→ Excerpted data:
● ● ●

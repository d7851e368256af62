-- ===== src/Outbox/Repository.antt =====
-- backend/src/modules/security-events/security-event-outbox.repository.ts, method by method, on the
-- table of alerts. A time, a fresh identifier and what a reader saw earlier are arguments.
use swar.Prelude.{
  ℕ, suc, ◌+◌, ◌-◌, ◌*◌, ◌^◌, Bool, true, false, List, [], ◌∷◌, ◌&&◌, ◌||◌, not, Option, none, some,
  ltb, leb, ◌==◌, ◌===◌, if◌then◌else◌, keep, take, sort, string_eq, nat_eq, update_many,
  count_many, Result, throw_if,
}
use swar.Domain.{AlertStatus, alert_status_eq}
use swar.Outbox.Alerts.{Alert, is_websocket, control_mode_eq, retry_exhausted, retry_scheduled}

pub data OutboxError : Type 0 where
  lease_lost : OutboxError  -- PersistenceConflictError
  record_invalid : OutboxError
  cursor_invalid : OutboxError
  event_not_found : OutboxError  -- TenantResourceNotFoundError

-- `{ OR: [{ at: null }, { at: { lte: now } }] }`
abbrev pub null_or_past : ℕ → Option ℕ → Bool
null_or_past now none = true
null_or_past now (some at) = leb at now

abbrev pub past : ℕ → Option ℕ → Bool
past now none = false
past now (some at) = leb at now

abbrev pub is_null {ℓ} : {A : Type ℓ} → Option A → Bool
is_null none = true
is_null (some a) = false

-- Nobody holds the row: it has no lease, or one that has run out.
abbrev pub lease_free : ℕ → Alert → Bool
lease_free now a = is_null a.dispatch_lease_id || past now a.dispatch_lease_expires_at

unfoldable pub dispatchable : ℕ → ℕ → Alert → Bool
dispatchable maximum_attempts now a =
    is_websocket a.channel
    && (a.status === AlertStatus.pending
        && (ltb a.attempt_count maximum_attempts
            && (null_or_past now a.next_attempt_at && lease_free now a)))

-- Ascending, with NULL last.
abbrev pub compare_times : Option ℕ → Option ℕ → Bool → Bool
compare_times none none rest = rest
compare_times none (some b) rest = false
compare_times (some a) none rest = true
compare_times (some a) (some b) rest = if a == b then rest else ltb a b

-- `orderBy: [{ nextAttemptAt: 'asc' }, { createdAt: 'asc' }, { id: 'asc' }]`
abbrev pub dispatched_before : Alert → Alert → Bool
dispatched_before a b =
    compare_times a.next_attempt_at b.next_attempt_at
      (if a.created_at == b.created_at then ltb a.id b.id else ltb a.created_at b.created_at)

unfoldable pub find_candidates : ℕ → ℕ → ℕ → List Alert → List Alert
unfolding dispatchable sort
find_candidates limit maximum_attempts now alerts =
    take limit (sort dispatched_before (keep (dispatchable maximum_attempts now) alerts))

-- The row that the claim of a candidate still finds.
unfoldable pub claimable : ℕ → Alert → Alert → Bool
claimable now candidate a =
    a.id == candidate.id
    && (a.organization_id == candidate.organization_id
        && (a.status === AlertStatus.pending
            && (a.attempt_count == candidate.attempt_count && lease_free now a)))

unfoldable pub lease : ℕ → ℕ → Alert → Alert
lease lease_id expires_at a = record a {
  attempt_count = a.attempt_count + 1;
  dispatch_lease_id = some lease_id;
  dispatch_lease_expires_at = some expires_at;
  next_attempt_at = none;
  failure_code = none;
}

-- What the caller gets is the candidate as it was read, with the new attempt and lease.
unfoldable pub claimed_record : ℕ → ℕ → Alert → Alert
claimed_record lease_id expires_at candidate = record candidate {
  attempt_count = candidate.attempt_count + 1;
  dispatch_lease_id = some lease_id;
  dispatch_lease_expires_at = some expires_at;
}

-- One round of the loop over the candidates.
unfoldable pub claim_one : ℕ → ℕ → ℕ → Alert → List Alert → List Alert × Option Alert
unfolding claimable lease claimed_record update_many count_many
claim_one now lease_ms lease_id candidate alerts = (
  update_many (claimable now candidate) (lease lease_id (now + lease_ms)) alerts,
  (if count_many (claimable now candidate) alerts == 1
      then some (claimed_record lease_id (now + lease_ms) candidate)
      else none),
)

abbrev pub push_claimed : Option Alert → List Alert → List Alert
push_claimed none claimed = claimed
push_claimed (some a) claimed = a ∷ claimed

-- `fresh k` is the k-th random identifier.
unfoldable pub claim_all : ℕ → ℕ → (ℕ → ℕ) → ℕ → List Alert → List Alert → List Alert × List Alert
unfolding claim_one
claim_all now lease_ms fresh k [] alerts = (alerts, [])
claim_all now lease_ms fresh k (candidate ∷ candidates) alerts =
    let (after, claimed) = claim_one now lease_ms (fresh k) candidate alerts in
    let (final, rest) = claim_all now lease_ms fresh (suc k) candidates after in
    (final, push_claimed claimed rest)

unfoldable pub claim_dispatchable : ℕ → ℕ → ℕ → (ℕ → ℕ) → ℕ → List Alert → List Alert × List Alert
unfolding claim_all find_candidates
claim_dispatchable limit maximum_attempts lease_ms fresh now alerts =
    claim_all now lease_ms fresh 0 (find_candidates limit maximum_attempts now alerts) alerts

abbrev pub same_lease : Option ℕ → Option ℕ → Bool
same_lease none none = true
same_lease (some a) (some b) = a == b
same_lease _ _ = false

-- The row that the holder of a claimed record still holds.
unfoldable pub held : Alert → Alert → Bool
held rec a =
    a.id == rec.id
    && (a.organization_id == rec.organization_id
        && (a.status === AlertStatus.pending
            && (a.attempt_count == rec.attempt_count
                && same_lease a.dispatch_lease_id rec.dispatch_lease_id)))

unfoldable pub delivered : ℕ → Alert → Alert
delivered now a = record a {
  status = AlertStatus.delivered;
  delivered_at = some now;
  dispatch_lease_id = none;
  dispatch_lease_expires_at = none;
  next_attempt_at = none;
}

-- A write of a holder throws unless it met exactly one row; what it wrote stays written.
unfoldable pub write_held :
    (Alert → Alert) → Alert → List Alert → Result OutboxError (Unit {0}) × List Alert
unfolding held update_many count_many
write_held f rec alerts =
    (throw_if (not (count_many (held rec) alerts == 1)) lease_lost, update_many (held rec) f alerts)

unfoldable pub mark_delivered : ℕ → Alert → List Alert → Result OutboxError (Unit {0}) × List Alert
unfolding write_held delivered
mark_delivered now rec alerts = write_held (delivered now) rec alerts

unfoldable pub exhausted : ℕ → Alert → Bool
exhausted maximum_attempts rec = leb maximum_attempts rec.attempt_count

unfoldable pub retry_delay : ℕ → ℕ → ℕ
retry_delay retry_base_ms attempts = retry_base_ms * 2 ^ (attempts - 1)

unfoldable pub failed : ℕ → ℕ → ℕ → Alert → Alert → Alert
unfolding exhausted retry_delay
failed maximum_attempts retry_base_ms now rec a = record a {
  status = if exhausted maximum_attempts rec then AlertStatus.failed else AlertStatus.pending;
  failure_code = some (if exhausted maximum_attempts rec then retry_exhausted else retry_scheduled);
  next_attempt_at =
      if exhausted maximum_attempts rec
      then none
      else some (now + retry_delay retry_base_ms rec.attempt_count);
  dispatch_lease_id = none;
  dispatch_lease_expires_at = none;
}

unfoldable pub mark_failed :
    ℕ → ℕ → ℕ → Alert → List Alert → Result OutboxError (Unit {0}) × List Alert
unfolding write_held failed
mark_failed maximum_attempts retry_base_ms now rec alerts =
    write_held (failed maximum_attempts retry_base_ms now rec) rec alerts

● ● ●

→ Assignment: For the word "Option", find all matching lines in the entries above and copy them out.

→ Exercise answer:
  ℕ, suc, ◌+◌, ◌-◌, ◌*◌, ◌^◌, Bool, true, false, List, [], ◌∷◌, ◌&&◌, ◌||◌, not, Option, none, some,
abbrev pub null_or_past : ℕ → Option ℕ → Bool
abbrev pub past : ℕ → Option ℕ → Bool
abbrev pub is_null {ℓ} : {A : Type ℓ} → Option A → Bool
abbrev pub compare_times : Option ℕ → Option ℕ → Bool → Bool
unfoldable pub claim_one : ℕ → ℕ → ℕ → Alert → List Alert → List Alert × Option Alert
abbrev pub push_claimed : Option Alert → List Alert → List Alert
abbrev pub same_lease : Option ℕ → Option ℕ → Bool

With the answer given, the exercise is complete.